Tax Wins From Portfolio Gains

PUBLISHED September 8, 2021

Do you have large unrealized capital gains in your after-tax (non-retirement) portfolio? The question of how to strategically plan around large, embedded capital gains has become increasingly popular. The growth of the U.S. and other global economies since The Great Financial Crisis has injected healthy gains into most asset classes in the average investor’s portfolio. Unrealized capital gains represent the price appreciation of an asset that has not yet been sold. Here are a few ideas for tax-efficiently reducing capital gain tax liability in after-tax portfolios. 

Donor Advised Fund

A Donor-Advised Fund (DAF) often makes sense for individuals who itemize on their tax return most, or all, years and who have after-tax portfolios with unrealized capital gains. For example, most people will pull out their checkbook and write a check to a local charitable organization they regularly support. Imagine if this same person contributed a highly appreciated security to their DAF, instead of writing a check. They would receive the applicable tax deduction (for the year of the contribution) to the DAF and would ultimately eliminate their capital gain tax liability in the highly appreciated security that was contributed. The individual could purchase the security that was donated with the cash they would have given directly to the charitable organization. This would increase their cost basis and maintain their position in that same holding. 

Whether contributing a highly appreciated security to a DAF or contributing cash, many contribute to their DAF every other year. This is a common practice because clients do not always have enough deductions to itemize in a single year, therefore, they will make a larger contribution to the DAF in year one to itemize and maximize tax savings. Then, over the first and second year, the individual recommends their DAF to make grants to qualified U.S. public charities of their choice. This allows for a large tax deduction in year one, but also creates a two-year period of steady and predictable charitable giving to the organization.

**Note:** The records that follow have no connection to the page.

-- ===== src/Tax/Gst/Place.antt =====
-- When a supply counts as inter-state.
use meet_millions_finance.Prelude.{
  if◌then◌else◌, Bool-cases, nat_eq, ◌≡◌, refl, ◌≢◌, ◌↔◌, inl, inr, Bool, true, false, not, ◌||◌,
  Option, none, some, [], ◌∷◌, arith,
}
use meet_millions_finance.Tax.Gst.{
  SupplyType, exempt, nil, non_gst, rcm, Code, code_eq, is_blank, codes_differ, pad_start,
  is_inter_state,
}

-- The supply types whose place is not settled by the type itself.
abbrev pub is_open : SupplyType → Bool
is_open exempt = true
is_open nil = true
is_open non_gst = true
is_open rcm = true
is_open _ = false

pub code_eq_sound : (s t : Code) → code_eq s t ≡ true → s ≡ t
code_eq_sound [] [] h = refl
code_eq_sound [] (b ∷ t) h = cc
code_eq_sound (a ∷ s) [] h = cc
code_eq_sound (a ∷ s) (b ∷ t) h = ground (arith, code_eq_sound s t)

pub code_eq_refl : (s : Code) → code_eq s s ≡ true
code_eq_refl [] = refl
code_eq_refl (a ∷ s) = ground (arith, code_eq_refl s)

-- Both codes are given, none is empty, and they are not the same two digits.
abbrev pub PlacesDiffer : Option Code → Option Code → Type 0
PlacesDiffer (some (c ∷ s)) (some (d ∷ p)) = pad_start 2 b'0' (c ∷ s) ≢ pad_start 2 b'0' (d ∷ p)
PlacesDiffer _ _ = ⊥

differ_iff : (s p : Code) → (not (code_eq s p) ≡ true) ↔ (s ≢ p)
differ_iff s p = elim (Bool-cases (code_eq s p)) [
  | inl same ↦ ((λ e. cc), λ ne. absurd (ne (code_eq_sound s p same)))
  | inr other ↦
      ((λ e eq. let q : code_eq s p ≡ true = rw (← eq) (code_eq_refl s) in cc), λ ne. rw other)
]

places_iff :
    (s p : Option Code)
    → ((if is_blank s || is_blank p then false else codes_differ s p) ≡ true) ↔ PlacesDiffer s p
places_iff (some (c ∷ s)) (some (d ∷ p)) = differ_iff _ _
places_iff none p = ((λ e. cc), (λ h. elim h [ ]))
places_iff (some []) p = ((λ e. cc), (λ h. elim h [ ]))
places_iff (some (c ∷ s)) none = ((λ e. cc), (λ h. elim h [ ]))
places_iff (some (c ∷ s)) (some []) = ((λ e. cc), (λ h. elim h [ ]))

open_place_test :
    (s p : Option Code) (supply : SupplyType)
    → is_open supply ≡ true
    → is_inter_state s p supply ≡ (if is_blank s || is_blank p then false else codes_differ s p)
unfolding is_inter_state
open_place_test s p supply h = ground arith

-- For an exempt, nil-rated, non-GST or reverse-charge supply, it is inter-state exactly when both
-- codes are present and differ after padding to two digits.
open_place_lem :
    (supplier place : Option Code) (supply : SupplyType)
    → is_open supply ≡ true
    → (is_inter_state supplier place supply ≡ true) ↔ PlacesDiffer supplier place
unfolding is_inter_state
open_place_lem supplier place supply h =
    rw (open_place_test supplier place supply h) (places_iff supplier place)

-- For a supply recorded as intra-state, inter-state, export or SEZ, whether it is inter-state does
-- not depend on the two state codes.
recorded_place_wins :
    (supplier place supplier' place' : Option Code) (supply : SupplyType)
    → is_open supply ≡ false
    → is_inter_state supplier place supply ≡ is_inter_state supplier' place' supply
unfolding is_inter_state
recorded_place_wins s p s' p' supply h = ground arith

It’s important to speak with your tax advisor and financial advisor before opening a DAF, as there may be a better strategy for your situation. 

Tax-Loss Harvesting 

The pandemic prompted a market downturn in 2020 and the ensuing volatility has certainly caused some discomfort for many people with substantial financial assets in the market. During these tense moments it may make sense to completing tax-loss harvesting trades. This benefits after-tax portfolios because it may be possible to sell securities at a loss and then then invest the proceeds in other suitable securities to avoid wash sales. After 31 days, you may then the same securities that were sold at a loss to reposition the portfolio in the same holdings and at their target asset allocation. This process locks in realized capital losses that can be used to offset realized capital gains or capital gains distributions in the current year or in a future year. 

If this interests you, be sure to contact a professional investment advisor so they can look for potential opportunities. This is especially helpful if you own appreciated positions that you want to get out of or trim.

Gifting 

Did you know gifting highly appreciated securities rather than cash to relatives can help the donor to avoid capital gains tax on the gifted security? In the right situation, it’s common to gift cash to children or grandchildren. For many, it often makes sense to gift highly appreciated securities rather than gifting cash. This transfers the capital gain tax liability when the security is sold from the donor to the donee. The donee may likely be in a lower marginal tax bracket and, therefore, pay lower capital gains tax rates. Many folks will “gross up” the amount of their gifts to help the donee pay the tax liability. 

It’s important to discuss family gifting strategies with your tax advisor, your financial advisor, and often your estate planning attorney, as there are important tax and estate considerations when developing the right gifting program for your family.